Interesse für Heimatgeschichte seit der Kindheit
Jürgen Klein wohnt in Büchig, stammt aber aus Neibsheim, und sammelt alte Postkarten aus den beiden Orten. Schon als Kind hat er Briefmarken gesammelt. Als er zur Kommunion das alte Heimatbuch über die Geschichte Neibsheims geschenkt bekam, flammte in ihm das Interesse für die Heimatgeschichte auf. Als er vor etwa 15 Jahren Kindersachen seiner inzwischen erwachsenen Töchter auf der Internetplattform Ebay verkaufte, stolperte er über alte Postkarten aus dem Kraichgau und wurde neugierig.
Barfüßige Kinder in der Talbachstraße
Sie sind liebevoll gestaltet, zeigen gezeichnete oder fotografierte Sehenswürdigkeiten im Ort, die oftmals wie eine Collage zusammengestellt und mit geschwungenen Rahmen und Blüten dekoriert sind. Eine Karte – sie ist in bunten Farben handkoloriert – zeigt mit Blick auf die Kirche die Neibsheimer Talbachstraße, auf der eine große Schar barfüßiger Kinder steht.
"Zum Glück sind die Manöver beendet"
Besonders faszinieren ihn die Geschichten, die hinter den kleinen Karten stecken. So hat er eine Postkarte, auf der neben einer Totalansicht von Neibsheim das alte Schulhaus und die ehemalige Kinderschule zu sehen sind. Sie ist im Jahr 1903 versandt worden, und der kurze Text auf Französisch lautet übersetzt: „Morgen früh gehe ich zurück nach Schustave, zum Glück. Zum Glück sind die Manöver beendet, Gruß Th“.
Klein hat herausgefunden, dass eben in diesem Jahr in der Region ein Manöver der preußischen Armee von Kaiser Wilhelm II. stattgefunden hatte. Teilgenommen hatte daran auch das 3. Ober-Elsässische Infanterie-Regiment Nr. 172, das in Straßburg stationiert war. Damals gehörten Elsass und Lothringen zum Deutschen Reich. Auch Kriegspostkarten vom Ersten Weltkrieg, die nach Neibsheim gingen, hat Klein in seiner Sammlung.
Postkarte auf Latein von Pfarrer zu Pfarrer?
Eine Postkarte, die am 29. Dezember 1904 von Neibsheim nach Schriesheim geschickt wurde, gibt ein Rätsel auf. Sie ist auf Latein verfasst. Möglicherweise hat sie ein Pfarrer an einen Amtskollegen geschickt.
Das Entziffern der alten Schriftstücke ist die größte Herausforderung. Klein lässt sich von Bekannten und Verwandten helfen, aber es gibt immer weniger Menschen, die Sütterlin lesen können.

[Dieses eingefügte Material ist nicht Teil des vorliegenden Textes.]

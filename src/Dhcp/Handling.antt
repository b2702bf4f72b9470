-- ===== src/Dhcp/Handling.antt =====
-- What a DHCP request does to the lease manager, and which answers it gets.
use infrastructure_in_a_box.Prelude.{
  ℕ, ◌≡◌, refl, ◌≢◌, Bool, true, false, ◌&&◌, ◌||◌, not, none, some, if◌then◌else◌, ◌==◌, length,
  arith,
}
use infrastructure_in_a_box.Prelude.Results.{Result, ok, err}
use infrastructure_in_a_box.Prelude.Text.{Text, Unicode}
use infrastructure_in_a_box.Lease.Address.{Addr, addr_eq, is_valid}
use infrastructure_in_a_box.Lease.State.{Lease}
use infrastructure_in_a_box.Lease.Persistence.{Disk}
use infrastructure_in_a_box.Lease.Manager.{
  Manager, Error, pool_exhausted, unavailable, persist_failed, expired,
}
use infrastructure_in_a_box.Lease.Valid.{IsValid}
use infrastructure_in_a_box.Lease.Offers.{offer_with_fallback}
use infrastructure_in_a_box.Lease.Commits.{commit_with_fallback, release, decline}
use infrastructure_in_a_box.Lease.Effects.{IsCommitted, commit_granted}
use infrastructure_in_a_box.Dhcp.Request.{Request, ipv4, client_identifier}
use infrastructure_in_a_box.Dhcp.Hostname.{client_hostname, fallback_hostname}
use infrastructure_in_a_box.Dhcp.Reply.{MessageType, discover, request, ack, inform, Config}
use infrastructure_in_a_box.Dhcp.Handler.{
  Library, Decision, silent, answers, Addresses, no_reply, after_offer, after_commit, after_removal,
  dispatch, decide, handle, addresses_of, is_well_formed, reply,
}

pub after_offer-state : (p : Manager × Result Error Lease) → (after_offer p).0 ≡ p.0
after_offer-state (m, ok l) = refl
after_offer-state (m, err pool_exhausted) = refl
after_offer-state (m, err unavailable) = refl
after_offer-state (m, err (persist_failed stage)) = refl

pub after_commit-state : (p : Manager × Result Error Lease) → (after_commit p).0 ≡ p.0
after_commit-state (m, ok l) = refl
after_commit-state (m, err pool_exhausted) = refl
after_commit-state (m, err unavailable) = refl
after_commit-state (m, err (persist_failed stage)) = refl

pub after_removal-state : (p : Manager × Result Error (Unit {0})) → (after_removal p).0 ≡ p.0
after_removal-state (m, ok x) = refl
after_removal-state (m, err pool_exhausted) = refl
after_removal-state (m, err unavailable) = refl
after_removal-state (m, err (persist_failed stage)) = refl

addr_eq-ne : (a b : Addr) → a ≢ b → addr_eq a b ≡ false
addr_eq-ne a b n = ground arith

module _ (u : Unicode) (cfg : Config) (now : ℕ) (disk : Disk) (m : Manager)
    (client hostname fallback : Text) (v : IsValid m) where
  after_commit-ack :
      (p : Manager × Result Error Lease) (l : Lease)
      → (after_commit p).1 ≡ answers ack (some l)
      → p.1 ≡ ok l
  after_commit-ack (n, ok k) l e = ground arith
  after_commit-ack (n, err pool_exhausted) l e = cc
  after_commit-ack (n, err unavailable) l e = cc
  after_commit-ack (n, err (persist_failed stage)) l e = cc

  -- The decision is no acknowledgement of a lease, or the lease is committed.
  Acks : Lease → Manager × Decision → Type 0
  Acks l p = p.1 ≡ answers ack (some l) → IsCommitted (expired now m) p.0 client l

  if-Acks :
      (l : Lease) (b : Bool) (p q : Manager × Decision)
      → Acks l p
      → Acks l q
      → Acks l (if b then p else q)
  if-Acks l true p q h k = h
  if-Acks l false p q h k = k

  silent-Acks : (l : Lease) → Acks l (m, silent)
  unfolding Acks
  silent-Acks l e = cc

  commit-Acks :
      (l : Lease) (ip : Addr)
      → Acks l (after_commit (commit_with_fallback u now disk m client ip hostname fallback))
  unfolding Acks
  commit-Acks l ip e =
      rw (after_commit-state (commit_with_fallback u now disk m client ip hostname fallback))
        (commit_granted u now disk m client ip hostname fallback l (after_commit-ack _ l e)).2

  offer-Acks : (l : Lease) (p : Manager × Result Error Lease) → Acks l (after_offer p)
  unfolding Acks
  offer-Acks l (n, ok k) e = cc
  offer-Acks l (n, err pool_exhausted) e = cc
  offer-Acks l (n, err unavailable) e = cc
  offer-Acks l (n, err (persist_failed stage)) e = cc

  removal-Acks : (l : Lease) (p : Manager × Result Error (Unit {0})) → Acks l (after_removal p)
  unfolding Acks
  removal-Acks l (n, ok k) e = cc
  removal-Acks l (n, err pool_exhausted) e = cc
  removal-Acks l (n, err unavailable) e = cc
  removal-Acks l (n, err (persist_failed stage)) e = cc

  inform-Acks : (l : Lease) → Acks l (m, answers ack none)
  unfolding Acks
  inform-Acks l e = cc

  dispatch-Acks :
      (l : Lease) (kind : MessageType) (a : Addresses)
      → Acks l (dispatch u cfg now disk m client hostname fallback kind a)
  unfolding dispatch
  dispatch-Acks l discover a =
      if-Acks l (is_valid a.current || is_valid a.server) _ _ (silent-Acks l)
        (offer-Acks l (offer_with_fallback u now m client a.requested hostname fallback))
  dispatch-Acks l request a =
      if-Acks l (is_valid a.current) _ _
        (if-Acks l (is_valid a.requested || is_valid a.server) _ _ (silent-Acks l)
          (commit-Acks l a.current))
        (if-Acks l (not (is_valid a.requested)) _ _ (silent-Acks l) (commit-Acks l a.requested))
  dispatch-Acks l MessageType.release a =
      if-Acks l (not (addr_eq a.server cfg.server_ip) || not (is_valid a.current)) _ _
        (silent-Acks l) (removal-Acks l (release now disk m client a.current))
  dispatch-Acks l MessageType.decline a =
      if-Acks l
        (not (addr_eq a.server cfg.server_ip) || not (is_valid a.requested) || is_valid a.current) _
        _ (silent-Acks l) (removal-Acks l (decline now disk m client a.requested))
  dispatch-Acks l inform a =
      if-Acks l (not (is_valid a.current) || not (cfg.contains a.current)) _ _ (silent-Acks l)
        (inform-Acks l)
  dispatch-Acks l _ a = silent-Acks l

module _ {Reply : Type 0} (lib : Library Reply) (u : Unicode) (cfg : Config) (now : ℕ) (disk : Disk)
    (m : Manager) (r : Request) where
  -- On a valid manager a request that is decided to be acknowledged with a lease has that lease
  -- committed for its client when the handler returns: the client has it, its offer is gone,
  -- nothing else changed, and the lease file, where there is one, holds it.
  pub acknowledged-IsCommitted :
      (l : Lease)
      → IsValid m
      → (decide lib u cfg now disk m r).1 ≡ answers ack (some l)
      → IsCommitted (expired now m) (handle lib u cfg now disk m r).0 (client_identifier r) l
  unfolding handle decide Acks
  acknowledged-IsCommitted l v =
      let client = client_identifier r in
      let hostname = client_hostname lib.host_name r in
      let fallback = fallback_hostname lib.sha256 client in
      if-Acks u cfg now disk m client hostname fallback v l
        (not (is_well_formed r) || length client == 0) _ _
        (silent-Acks u cfg now disk m client hostname fallback v l)
        (if-Acks u cfg now disk m client hostname fallback v l
          (is_valid (ipv4 r.gateway_ip) && not (cfg.contains (ipv4 r.gateway_ip))) _ _
          (silent-Acks u cfg now disk m client hostname fallback v l)
          (if-Acks u cfg now disk m client hostname fallback v l _ _ _
            (silent-Acks u cfg now disk m client hostname fallback v l)
            (dispatch-Acks u cfg now disk m client hostname fallback v l (lib.message_type r)
              (addresses_of lib u cfg r))))

  decide_foreign :
      is_valid (ipv4 (lib.server_identifier r)) ≡ true
      → addr_eq (ipv4 (lib.server_identifier r)) cfg.server_ip ≡ false
      → decide lib u cfg now disk m r ≡ (m, silent)
  unfolding decide
  decide_foreign named differs =
      rw (named, differs)
        (both (m, silent) (not (is_well_formed r) || length (client_identifier r) == 0)
          (is_valid (ipv4 r.gateway_ip) && not (cfg.contains (ipv4 r.gateway_ip))))
    where
      both : (n : Manager × Decision) (b c : Bool) → (if b then n else if c then n else n) ≡ n
      both n true c = refl
      both n false true = refl
      both n false false = refl

  -- A request that names another server gets no reply and leaves the lease manager as it is.
  foreign_server_ignored :
      is_valid (ipv4 (lib.server_identifier r)) ≡ true
      → ipv4 (lib.server_identifier r) ≢ cfg.server_ip
      → handle lib u cfg now disk m r ≡ (m, no_reply)
  unfolding handle reply
  foreign_server_ignored named other_server =
      rw
        (decide_foreign named
          (addr_eq-ne (ipv4 (lib.server_identifier r)) cfg.server_ip other_server))
        refl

Rechnung mit Einnahmen und Ausgaben der Adlerberg-Kapelle
Neben Ansichtskarten hat Klein auch alte Dokumente in seinem Fundus. Sein Prunkstück ist eine „Kapellenrechnung“ von 1761, die sich mit den Einnahmen und Ausgaben der Adlerberg-Kapelle befasst. Laut dem altem Heimatbuch haben in dieser Zeit Eremiten bei der Kapelle gewohnt und sich um diese gekümmert.
43 Sack Kartoffeln für "Königliche Kommission" in Knittlingen
Ein Lieferschein von 1847 erzählt ebenfalls eine kleine Geschichte: Der Neibsheimer Fuhrmann Haag – ein immer noch vorkommender Name im Ort – hat 43 Sack Kartoffeln nach Knittlingen für die dort ansässige „Königliche Kommission“ geliefert. Zwei Kreuzer hat der Sester – ein altes Hohlmaß für Getreide oder Flüssigkeiten – gekostet, insgesamt wurden zehn Gulden für die Lieferung bezahlt.

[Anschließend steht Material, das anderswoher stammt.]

-- ===== src/Dhcp/Calls.antt =====
-- Which calls of the lease manager a DHCP request makes.
use infrastructure_in_a_box.Prelude.{ℕ, ◌≤◌, ◌≡◌, ◌≢◌, Option, some, true, false, [], length}
use infrastructure_in_a_box.Prelude.Text.{Text, Unicode}
use infrastructure_in_a_box.Lease.Address.{Addr, is_valid}
use infrastructure_in_a_box.Lease.Persistence.{Disk}
use infrastructure_in_a_box.Lease.Manager.{Manager}
use infrastructure_in_a_box.Lease.Runs.{Call, offers, commits, releases, declines}
use infrastructure_in_a_box.Lease.Commits.{release, decline}
use infrastructure_in_a_box.Dhcp.Request.{Request, option, ipv4, client_identifier}
use infrastructure_in_a_box.Dhcp.Hostname.{client_hostname, fallback_hostname}
use infrastructure_in_a_box.Dhcp.Reply.{MessageType, discover, request, Config}
use infrastructure_in_a_box.Dhcp.Handler.{Library, option_length, Addresses, addresses_of}

-- RFC 2131, table 4: the call of the lease manager that a message asks for. An offer needs no
-- address of the client nor the choice of a server; a client renews the address that it has, and
-- only that, or else takes up one that it names; it gives back its own address, or turns down one
-- that it does not use, at this server.
pub data Permitted (server_ip : Addr) (client hostname fallback : Text)
    : MessageType → Addresses → Call → Type 0 where
  discovers :
      (a : Addresses)
      → is_valid a.current ≡ false
      → is_valid a.server ≡ false
      → Permitted server_ip client hostname fallback discover a
          (offers client a.requested hostname fallback)
  renews :
      (a : Addresses)
      → is_valid a.current ≡ true
      → is_valid a.requested ≡ false
      → is_valid a.server ≡ false
      → Permitted server_ip client hostname fallback request a
          (commits client a.current hostname fallback)
  selects :
      (a : Addresses)
      → is_valid a.current ≡ false
      → is_valid a.requested ≡ true
      → Permitted server_ip client hostname fallback request a
          (commits client a.requested hostname fallback)
  gives_back :
      (a : Addresses)
      → a.server ≡ server_ip
      → is_valid a.current ≡ true
      → Permitted server_ip client hostname fallback MessageType.release a
          (releases client a.current)
  turns_down :
      (a : Addresses)
      → a.server ≡ server_ip
      → is_valid a.requested ≡ true
      → is_valid a.current ≡ false
      → Permitted server_ip client hostname fallback MessageType.decline a
          (declines client a.requested)

module _ (u : Unicode) (cfg : Config) (now : ℕ) (disk : Disk) (m : Manager)
    (client hostname fallback : Text) where
  abbrev Asks : MessageType → Addresses → Type 0
  Asks kind a = (c : Call) × Permitted cfg.server_ip client hostname fallback kind a c

-- The option is missing or an IPv4 address.
abbrev IsAddress : Option Text → Type 0
IsAddress o = (raw : Text) → o ≡ some raw → length raw ≡ 4

-- A BOOTREQUEST over at most 16 relays, with a message type of one byte, whose addresses are such.
pub record IsWellFormed (r : Request) : Type 0 where
  pub boots : r.op_code ≡ 1
  pub hops : r.hop_count ≤ 16
  pub requested : IsAddress (option r 50)
  pub server : IsAddress (option r 54)
  pub typed : option_length (option r 53) ≡ 1

module _ {Reply : Type 0} (lib : Library Reply) (u : Unicode) (cfg : Config) (now : ℕ) (disk : Disk)
    (m : Manager) (r : Request) where
  -- The packet is a well-formed request of a client that names itself, through a relay of the
  -- subnet if through one, and meant for this server if for one.
  pub record IsForUs : Type 0 where
    pub well_formed : IsWellFormed r
    pub identified : client_identifier r ≢ []
    pub near : is_valid (ipv4 r.gateway_ip) ≡ true → cfg.contains (ipv4 r.gateway_ip) ≡ true
    pub ours :
        is_valid (ipv4 (lib.server_identifier r)) ≡ true
        → ipv4 (lib.server_identifier r) ≡ cfg.server_ip

  -- The call that the packet asks for.
  abbrev pub IsPermitted : Call → Type 0
  IsPermitted c =
      Permitted cfg.server_ip (client_identifier r) (client_hostname lib.host_name r)
        (fallback_hostname lib.sha256 (client_identifier r)) (lib.message_type r)
        (addresses_of lib u cfg r) c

Neibsheimer Zeichnungen eines Karlsruher Malers
Einiges für seine Sammlung hat Klein von Haushaltsauflösungen bekommen, nur manches hat er auf Flohmärkten gefunden. Das meiste hat er im Internet ersteigert. Bei einer großer Dorfansicht von 1910, gemalt von einem Franz Mayer aus Karlsruhe, wurde er zu seinem Bedauern überboten. Zwei Zeichnungen, die besagter Mayer 1917 während eines Heimaturlaubs von der Front in Neibsheim angefertigt hat, befinden sich jetzt aber in seiner Sammlung. Mehr konnte er über den Künstler aber nicht herausfinden, und so bleibt es eine Vermutung, dass Mayer vielleicht Verwandte im Ort hatte.

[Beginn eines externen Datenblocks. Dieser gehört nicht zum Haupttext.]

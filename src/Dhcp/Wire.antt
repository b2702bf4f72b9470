-- ===== src/Dhcp/Wire.antt =====
-- A name that the server puts into an FQDN option is the name that it reads from such an option.
use infrastructure_in_a_box.Prelude.{
  ℕ, zero, suc, ◌+◌, ◌*◌, ◌/◌, ◌%◌, ◌≤◌, ◌<◌, ◌≡◌, refl, ap, ◌∙◌, ◌⊎◌, inl, inr, true, false, List,
  [], ◌∷◌, ◌++◌, if◌then◌else◌, ltb, ◌==◌, length, arith, all, length-append, take-append,
  drop-append,
}
use mathlib.Core.List.{append_assoc, append-nil}
use infrastructure_in_a_box.Prelude.Text.{Text, dot, split, join, join-split, trim_suffix-append}
use infrastructure_in_a_box.Names.Labels.{valid_label, valid_dns_name}
use infrastructure_in_a_box.Dhcp.Hostname.{
  bit_e, bit_s, wire_name, fqdn_name, wire_labels, reply_flags, fqdn_answer,
}

valid_label-length : (l : Text) → valid_label l ≡ true → (0 < length l) × (length l ≤ 63)
unfolding valid_label
valid_label-length [] h = cc
valid_label-length (c ∷ l) h = ground arith

wire_name-label :
    (fuel : ℕ) (labels : List Text) (l rest : Text)
    → 0 < length l
    → length l ≤ 63
    → 0 < length rest
    → wire_name (suc fuel) labels ((length l % 256) ∷ (l ++ rest))
      ≡ wire_name fuel (labels ++ (l ∷ [])) rest
unfolding wire_name
wire_name-label fuel labels l rest h k r =
    let small : length l % 256 ≡ length l = omega arith in
    rw (small, take-append l rest, drop-append l rest) (ground (arith, length-append l rest))

wire_name-labels :
    (fuel : ℕ) (ls before : List Text)
    → all valid_label ls ≡ true
    → length ls < fuel
    → wire_name fuel before (wire_labels ls ++ (0 ∷ [])) ≡ join dot (before ++ ls)
unfolding wire_labels
wire_name-labels zero ls before h f = absurd (omega arith)
wire_name-labels (suc fuel) [] before h f = unfold wire_name in (rw (append-nil before) refl)
wire_name-labels (suc fuel) (l ∷ ls) before h f =
    let (pos, small) = valid_label-length l (ground arith) in
    let end : Text = wire_labels ls ++ (0 ∷ []) in
    ap (λ (t : Text). wire_name (suc fuel) before ((length l % 256) ∷ t))
      (append_assoc l (wire_labels ls) (0 ∷ []))
    ∙ wire_name-label fuel before l end pos small
        (omega (arith, length-append (wire_labels ls) (0 ∷ [])))
    ∙ wire_name-labels fuel ls (before ++ (l ∷ [])) (ground arith) (omega arith)
    ∙ ap (join dot) (append_assoc before (l ∷ []) ls)

wire_labels-length : (ls : List Text) → length ls ≤ length (wire_labels ls)
unfolding wire_labels
wire_labels-length [] = omega arith
wire_labels-length (l ∷ ls) =
    let rest = wire_labels-length ls in omega (arith, length-append l (wire_labels ls))

-- The flags of an answer that carries a name.
named_flags : ℕ → ℕ → ℕ
named_flags e s = e * 4 + 1 + (if 1 == s then 0 else 2)

named_flags-reserved : (e s : ℕ) → e < 2 → named_flags e s / 16 ≡ 0
unfolding named_flags
named_flags-reserved e s h = ground arith

named_flags-n : (e s : ℕ) → e < 2 → named_flags e s / 8 % 2 ≡ 0
unfolding named_flags
named_flags-n e s h = ground arith

named_flags-e : (e s : ℕ) → e < 2 → named_flags e s / 4 % 2 ≡ e
unfolding named_flags
named_flags-e e s h = ground arith

reply_flags-named :
    (raw hostname : Text)
    → 0 < length hostname
    → reply_flags raw hostname ≡ named_flags (bit_e raw) (bit_s raw)
unfolding named_flags
reply_flags-named raw hostname h = ground arith

three_more : (n : ℕ) → ltb (suc (suc (suc n))) 3 ≡ false
three_more n = ground arith

fqdn_name-plain :
    (f : ℕ) (name : Text)
    → f / 16 ≡ 0
    → f / 8 % 2 ≡ 0
    → f / 4 % 2 ≡ 0
    → fqdn_name (f ∷ 0 ∷ 0 ∷ name) ≡ name
unfolding fqdn_name
fqdn_name-plain f name a b c = ground arith

fqdn_name-wire :
    (f : ℕ) (ls : List Text)
    → f / 16 ≡ 0
    → f / 8 % 2 ≡ 0
    → f / 4 % 2 ≡ 1
    → all valid_label ls ≡ true
    → fqdn_name (f ∷ 0 ∷ 0 ∷ (wire_labels ls ++ (0 ∷ []))) ≡ join dot ls
unfolding fqdn_name
fqdn_name-wire f ls a b c h =
    let enough : length ls < suc (suc (suc (length (wire_labels ls ++ (0 ∷ []))))) =
      (let k = wire_labels-length ls in omega (arith, length-append (wire_labels ls) (0 ∷ []))) in
    rw (a, b, c, three_more (length (wire_labels ls ++ (0 ∷ []))))
      (wire_name-labels (suc (suc (suc (length (wire_labels ls ++ (0 ∷ [])))))) ls [] h enough)

dotted-nonempty : (name : Text) → 0 < length (name ++ (dot ∷ []))
dotted-nonempty name = omega (arith, length-append name (dot ∷ []))

-- The answer to an option of ASCII form, and to one of wire form.
fqdn_answer-ascii :
    (raw name : Text)
    → 3 ≤ length raw
    → bit_e raw ≡ 0
    → fqdn_answer raw (name ++ (dot ∷ [])) ≡ named_flags (bit_e raw) (bit_s raw) ∷ 0 ∷ 0 ∷ name
unfolding fqdn_answer
fqdn_answer-ascii raw name k e =
    let long : ltb (length raw) 3 ≡ false = ground arith in
    let ascii : (bit_e raw == 0) ≡ true = ground arith in
    rw (long, ascii, trim_suffix-append name (dot ∷ []))
      (ap (λ (f : ℕ). f ∷ 0 ∷ 0 ∷ name)
        (reply_flags-named raw (name ++ (dot ∷ [])) (dotted-nonempty name)))

fqdn_answer-wire :
    (raw name : Text)
    → 3 ≤ length raw
    → bit_e raw ≡ 1
    → fqdn_answer raw (name ++ (dot ∷ []))
      ≡ named_flags (bit_e raw) (bit_s raw) ∷ 0 ∷ 0 ∷ (wire_labels (split dot name) ++ (0 ∷ []))
unfolding fqdn_answer
fqdn_answer-wire raw name k e =
    let long : ltb (length raw) 3 ≡ false = ground arith in
    let wire : (bit_e raw == 0) ≡ false = ground arith in
    let pos = dotted-nonempty name in
    let named : (length (name ++ (dot ∷ [])) == 0) ≡ false = ground arith in
    rw
      (
        long,
        wire,
        trim_suffix-append name (dot ∷ []),
        reply_flags-named raw (name ++ (dot ∷ [])) pos,
        named,
      )
      refl

bit_e-cases : (raw : Text) → (bit_e raw ≡ 0) ⊎ (bit_e raw ≡ 1)
bit_e-cases raw = ground arith

-- A valid name that the server answers an FQDN option of at least three bytes with, in the form
-- that the client chose, is read back from the answer by the rules for such options.
pub answered_name :
    (raw name : Text)
    → 3 ≤ length raw
    → valid_dns_name name ≡ true
    → fqdn_name (fqdn_answer raw (name ++ (dot ∷ []))) ≡ name
unfolding valid_dns_name
answered_name raw name k h =
    let e = bit_e raw in
    let small : e < 2 = ground arith in
    let reserved = named_flags-reserved e (bit_s raw) small in
    let n = named_flags-n e (bit_s raw) small in
    let same = named_flags-e e (bit_s raw) small in
    elim (bit_e-cases raw) [
      | inl ascii ↦
          ap fqdn_name (fqdn_answer-ascii raw name k ascii)
          ∙ fqdn_name-plain (named_flags e (bit_s raw)) name reserved n (same ∙ ascii)
      | inr wire ↦
          ap fqdn_name (fqdn_answer-wire raw name k wire)
          ∙ fqdn_name-wire (named_flags e (bit_s raw)) (split dot name) reserved n (same ∙ wire)
              (ground arith)
          ∙ join-split dot name
    ]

Einweihung des Sportplatzes mit Pfarrer
Auch Fotos, die historisch Bedeutsames zeigen, hat Klein in seiner Sammlung. Auf einem Bild ist die Einweihung des Sportplatzes 1969 zu sehen. Neben der ersten Mannschaft steht Pfarrer Sauerborn, umrahmt von Ministranten. „Ich freue mich über alles, was mit Neibsheim und Büchig zu tun hat und historisch interessant ist“, sagt Klein. Bevor man also alte Funde wegwirft, kann man sich gerne bei ihm melden.